This court often has distinguished regulations proscribing nudity per se, including general proscriptions on nudity in particular fora, from regulations targeted at expressive conduct. In Grand Faloon Tavern, Inc. v. Wicker, 670 F.2d 943 (11th Cir.1982), we upheld a city ordinance banning nudity on premises where alcohol was served. The ordinance, unlike the one before us now, did not single out nudity in “any motion picture, show, performance, or other presentation,” but rather simply banned all nudity in establishments offering alcohol for sale. See id. at 944 n. 2. Because the regulation thus was not targeted at traditionally expressive behavior, we applied O’Brien scrutiny and upheld the ban. In Krueger v. City of Pensacola, 759 F.2d 851 (11th Cir.1985), however, we invalidated a ban almost identical to that in Grand Faloon because, unlike the ban in Grand Faloon, which was supported by a legitimate *1004and substantial government interest in regulating activities likely to lead to breaches of the peace, the record demonstrated that the city’s motive was to restrict expression. 759 F.2d at 855-56. Both cases addressed regulations that facially banned all nudity in establishments licensed to serve alcohol, rather than solely nudity in the course of traditionally expressive forms of conduct. See Krueger, 759 F.2d at 853-54 n. 3; Grand Faloon, 670 F.2d at 944 n. 2.

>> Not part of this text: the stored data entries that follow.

-- ===== src/Watcher/Causality.antt =====
-- Which triggers restart what.
use process_compose.Common.{
  ℕ, String, ◌≡◌, refl, sym, ◌∙◌, ap, Bool, true, false, List, [], ◌∷◌, Option, none, some,
  if◌then◌else◌, ◌≤◌, ◌<◌, arith, ◌&&◌, Dict, lookup, insert, lookup-insert, contains, eq_iff, max,
  Option-cases, Bool-cases, inl, inr, keys, All, IsDistinct,
}
use mathlib.Core.Path.{subst}
use process_compose.Types.Config.{ProcessConfig}
use process_compose.Watcher.Debounce.{Trigger}
use process_compose.Watcher.Registry.{ProcWatch, size_of}
use process_compose.Watcher.Cascade.{IsBatch, cons-IsBatch}
use process_compose.Watcher.Dispatch.{
  WatchEvent, handling, changing, dispatch_all, watch_dependents, Dispatcher, is_active,
  should_restart, stamp, batch, begin_batch, handle_trigger,
}

lookup-stamp :
    (n : String) (names : List String) (now : ℕ) (m : Dict ℕ)
    → lookup n (stamp names now m) ≡ (if contains names n then some now else lookup n m)
unfolding stamp
lookup-stamp n [] now m = refl
lookup-stamp n (name ∷ names) now m =
    lookup-stamp n names now (insert name now m)
    ∙ ground (arith, lookup-insert name n now m, eq_iff name n)

module _ (under : String → String → Bool) (relative_to : String → String → String)
    (project : Dict ProcessConfig) where
  -- A batch stamps all its names, whether or not it is carried out.
  begin_batch-restarted_at :
      (t : Trigger) (now done : ℕ) (pw : ProcWatch) (d : Dispatcher)
      → (begin_batch under relative_to project t now done pw d).0.restarted_at
        ≡ stamp (batch under relative_to project t pw) now d.restarted_at
  unfolding begin_batch
  begin_batch-restarted_at t now done pw d = ground arith

  begin_batch-names :
      (t : Trigger) (now done : ℕ) (pw : ProcWatch) (d : Dispatcher) (names : List String)
      → (begin_batch under relative_to project t now done pw d).1 ≡ some names
      → batch under relative_to project t pw ≡ names
  unfolding begin_batch
  begin_batch-names t now done pw d names h = ground (arith, h)

  should_restart-stale :
      (name : String) (at last watch_from : ℕ) (m : Dict ℕ)
      → lookup name m ≡ some last
      → at < last
      → should_restart name at m watch_from ≡ false
  unfolding should_restart
  should_restart-stale name at last watch_from m e h = ground (arith, e, h)

  abbrev pub handled : Trigger → (now done : ℕ) → Dispatcher → Dispatcher × Option (List String)
  handled = handle_trigger under relative_to project

  abbrev pub passes : Trigger → Dispatcher → ProcWatch → Bool
  passes t d pw = is_active pw && should_restart t.proc t.at d.restarted_at pw.watch_from

  pub handle_trigger-known :
      (t : Trigger) (now done : ℕ) (d : Dispatcher) (pw : ProcWatch)
      → lookup t.proc d.watcher.procs ≡ some pw
      → handled t now done d ≡ (
          if passes t d pw
          then begin_batch under relative_to project t now done pw d
          else (d, none))
  unfolding handle_trigger
  handle_trigger-known t now done d pw e = rw (handle_trigger, e) refl

  pub handle_trigger-unknown :
      (t : Trigger) (now done : ℕ) (d : Dispatcher)
      → lookup t.proc d.watcher.procs ≡ none
      → handled t now done d ≡ (d, none)
  unfolding handle_trigger
  handle_trigger-unknown t now done d e = rw (handle_trigger, e) refl

  stale :
      (t : Trigger) (now done last : ℕ) (d : Dispatcher)
      → lookup t.proc d.restarted_at ≡ some last
      → t.at < last
      → handled t now done d ≡ (d, none)
  stale t now done last d e h = elim (Option-cases (lookup t.proc d.watcher.procs)) [
    | inl gone ↦ handle_trigger-unknown t now done d gone
    | inr (pw, here) ↦
        handle_trigger-known t now done d pw here
        ∙ ground (arith, should_restart-stale t.proc t.at last pw.watch_from d.restarted_at e h)
  ]

  -- What a trigger that restarts anything was, and what it restarted.
  abbrev Restarts : Trigger → (now done : ℕ) → Dispatcher → List String → ProcWatch → Type 0
  Restarts t now done d names pw =
      (lookup t.proc d.watcher.procs ≡ some pw)
      × (passes t d pw ≡ true)
      × (batch under relative_to project t pw ≡ names)
      × ((handled t now done d).0.restarted_at ≡ stamp names now d.restarted_at)

  restarts :
      (t : Trigger) (now done : ℕ) (d : Dispatcher) (names : List String)
      → (handled t now done d).1 ≡ some names
      → (pw : ProcWatch) × Restarts t now done d names pw
  restarts t now done d names h = elim (Option-cases (lookup t.proc d.watcher.procs)) [
    | inl gone ↦ absurd (ground (arith, h, handle_trigger-unknown t now done d gone))
    | inr (pw, here) ↦ elim (Bool-cases (passes t d pw)) [
      | inr dropped ↦ absurd (ground (arith, h, dropped, handle_trigger-known t now done d pw here))
      | inl ok ↦ (pw, (here, ok, same pw here ok, stamps pw here ok))
    ]
  ]
    where
      began :
          (pw : ProcWatch)
          → lookup t.proc d.watcher.procs ≡ some pw
          → passes t d pw ≡ true
          → handled t now done d ≡ begin_batch under relative_to project t now done pw d
      began pw here ok = handle_trigger-known t now done d pw here ∙ ground (arith, ok)

      same :
          (pw : ProcWatch)
          → lookup t.proc d.watcher.procs ≡ some pw
          → passes t d pw ≡ true
          → batch under relative_to project t pw ≡ names
      same pw here ok =
          begin_batch-names t now done pw d names (sym (ap (λ r. r.1) (began pw here ok)) ∙ h)

      stamps :
          (pw : ProcWatch)
          → lookup t.proc d.watcher.procs ≡ some pw
          → passes t d pw ≡ true
          → (handled t now done d).0.restarted_at ≡ stamp names now d.restarted_at
      stamps pw here ok =
          ap (λ r. r.0.restarted_at) (began pw here ok)
          ∙ begin_batch-restarted_at t now done pw d
          ∙ ap (λ ns. stamp ns now d.restarted_at) (same pw here ok)

  -- The process was stamped, no earlier than `from`.
  abbrev Recent : (name : String) (from : ℕ) → Dict ℕ → Type 0
  Recent name from m = (last : ℕ) × (lookup name m ≡ some last) × (from ≤ last)

  stamp-Recent :
      (name : String) (from now : ℕ) (names : List String) (m : Dict ℕ)
      → from ≤ now
      → Recent name from m
      → Recent name from (stamp names now m)
  stamp-Recent name from now names m later (last, e, le) = elim (Bool-cases (contains names name)) [
    | inl stamped ↦ (now, ground (arith, stamped, lookup-stamp name names now m), later)
    | inr other ↦ (last, ground (arith, other, e, lookup-stamp name names now m), le)
  ]

  handled-Recent :
      (name : String) (from : ℕ) (t : Trigger) (now done : ℕ) (d : Dispatcher)
      → from ≤ now
      → Recent name from d.restarted_at
      → Recent name from (handled t now done d).0.restarted_at
  handled-Recent name from t now done d later r =
      elim (Option-cases (lookup t.proc d.watcher.procs)) [
        | inl gone ↦ subst Kept (sym (handle_trigger-unknown t now done d gone)) r
        | inr (pw, here) ↦ elim (Bool-cases (passes t d pw)) [
          | inr dropped ↦
              let e : handled t now done d ≡ (d, none) =
                handle_trigger-known t now done d pw here ∙ ground (arith, dropped) in
              subst Kept (sym e) r
          | inl ok ↦
              let e : handled t now done d ≡ begin_batch under relative_to project t now done pw d =
                handle_trigger-known t now done d pw here ∙ ground (arith, ok) in
              subst Kept (sym e) (
                subst (Recent name from) (sym (begin_batch-restarted_at t now done pw d)) (
                  stamp-Recent name from now (batch under relative_to project t pw) d.restarted_at
                    later r))
        ]
      ]
    where
      Kept : Dispatcher × Option (List String) → Type 0
      Kept r = Recent name from r.0.restarted_at

-- The clock does not go back before `from`.
abbrev pub NoEarlier : ℕ → WatchEvent → Type 0
NoEarlier from (handling project t now done) = from ≤ now
NoEarlier from (changing f) = Unit {0}

module _ (under : String → String → Bool) (relative_to : String → String → String) where
  dispatch_all-Recent :
      (name : String) (from : ℕ) (es : List WatchEvent) (d : Dispatcher)
      → All (NoEarlier from) es
      → Recent under relative_to [] name from d.restarted_at
      → Recent under relative_to [] name from (dispatch_all under relative_to es d).restarted_at
  unfolding dispatch_all
  dispatch_all-Recent name from [] d later r = r
  dispatch_all-Recent name from (handling project t now done ∷ es) d (l, ls) r =
      dispatch_all-Recent name from es (handle_trigger under relative_to project t now done d).0 ls
        (handled-Recent under relative_to project name from t now done d l r)
  dispatch_all-Recent name from (changing f ∷ es) d (_, ls) r =
      dispatch_all-Recent name from es (record d { watcher = f d.watcher }) ls r

-- A trigger that restarts processes at time `now` names a registered process that is neither paused
-- nor suspended, and its newest event is no older than that watch and than the process's last
-- restart. It restarts that process first and, if the watch cascades, each process that depends on
-- it by a chain of `depends_on` in the project, whose names are distinct, and is neither disabled
-- nor in the foreground, all of them once. From then on, whatever triggers are handled no earlier
-- than `now` and whatever becomes of the watches in between, a trigger for one of these processes
-- whose newest event came before `now` changes nothing and restarts nothing.
pub handle_trigger-once :
    (under : String → String → Bool) (relative_to : String → String → String)
    (project project' : Dict ProcessConfig) (t t' : Trigger) (now done now' done' : ℕ)
    (es : List WatchEvent) (d : Dispatcher) (names : List String)
    → IsDistinct (keys project)
    → (handle_trigger under relative_to project t now done d).1 ≡ some names
    → contains names t'.proc ≡ true
    → t'.at < now
    → All (NoEarlier now) es
    → let d' =
        dispatch_all under relative_to es
          (handle_trigger under relative_to project t now done d).0 in
      ((pw : ProcWatch) × (lookup t.proc d.watcher.procs ≡ some pw)
        × (pw.paused ≡ false)
        × (pw.suspended ≡ false)
        × (max (size_of (lookup t.proc d.restarted_at)) pw.watch_from ≤ t.at)
        × ((rest : List String) × (names ≡ t.proc ∷ rest))
        × IsBatch project t.proc pw.cascade names)
      × (handle_trigger under relative_to project' t' now' done' d' ≡ (d', none))
unfolding should_restart
handle_trigger-once under relative_to project project' t t' now done now' done' es d names distinct
      h mem old later =
    let (pw, (here, ok, all, stamps)) = restarts under relative_to project t now done d names h in
    let first : Recent under relative_to [] t'.proc now
        (handle_trigger under relative_to project t now done d).0.restarted_at =
      (
        now,
        ap (lookup t'.proc) stamps
            ∙ ground (arith, mem, lookup-stamp t'.proc names now d.restarted_at),
        ground arith,
      ) in
    let (last, found, le) =
      dispatch_all-Recent under relative_to t'.proc now es
        (handle_trigger under relative_to project t now done d).0 later first in
    (
      (
        pw,
        here,
        ground (arith, ok),
        ground (arith, ok),
        ground (arith, ok),
        ((if pw.cascade then watch_dependents project t.proc else []), sym all),
        subst (IsBatch project t.proc pw.cascade) all
            (cons-IsBatch project t.proc pw.cascade distinct),
      ),
      stale under relative_to project' t' now' done' last _ found (ground (arith, old, le)),
    )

Ordinance 03-003 on its face singles out nude entertainment and thus the “erotic message conveyed” by that conduct. Barnes, 501 U.S. at 570, 111 S.Ct. at 2463. Ordinance 03-003 would not by its terms apply, for example, to a nude waitress serving drinks at a licensed establishment or to a patron entering such a club nude, whereas it would apply to a production of “Hair” or “Equus”—or any other artistic production that includes nudity, however minor or incidental—at a club licensed to sell alcohol. Cf. Barnes, 501 U.S. at 585 n. 2, 111 S.Ct. at 2470 n. 2 (Souter, J., concurring in the judgment) (“It is difficult to see ... how the enforcement of Indiana’s statute against nudity in a production of ‘Hair’ or ‘Equus’ somewhere other than an ‘adult’ theater would further the State’s interest in avoiding harmful secondary effects....”). Instead of targeting nudity per se, which clearly is a permissible exercise of municipal or state authority, see Barnes, supra, the Mobile ordinance targets only conduct with communicative elements.8 Because courts consistently have reviewed such content-based restrictions with a level of scrutiny more searching than O’Brien scrutiny, which we have applied to generally applicable, eon-tent-neutral regulations, the majority is incorrect to conclude, simply because the claim before the court is a challenge to a nudity ordinance, that Barnes’s O’Brien scrutiny is appropriate in this case.9
D.
Because I believe that the majority applies the wrong level of scrutiny, I address the City’s argument that time, place, and manner scrutiny—another form of intermediate scrutiny—is applicable in this ease. In my view, in determining the appropriate level of scrutiny, this court should look to the character of the regulation. If the regulation is content-based—because it singles out one form of expression for disfavored treatment—then searching scrutiny is appropriate. See Boos v. Barry, 485 U.S. 312, 321, 108 S.Ct. 1157, 1164, 99 L.Ed.2d 333 (1988). If, on the other hand, the regulation is content-neutral—because it is justified not by “reference to the content of the regulated speech,” Va. State Bd. of Pharmacy v. Va. Citizens Consumer Council, Inc., 425 U.S. 748, 771, 96 S.Ct. 1817, 1830, 48 L.Ed.2d 346 (1976), but rather to the “secondary effects” olthat speech, see Renton v. Playtime Theatres, Inc., 475 U.S. 41, 47, 106 S.Ct. 925, 929, 89 L.Ed.2d 29 (1986)—then less-searching time, place, and *1005manner scrutiny may be appropriate, see id. at 46,106 S.Ct. at 928.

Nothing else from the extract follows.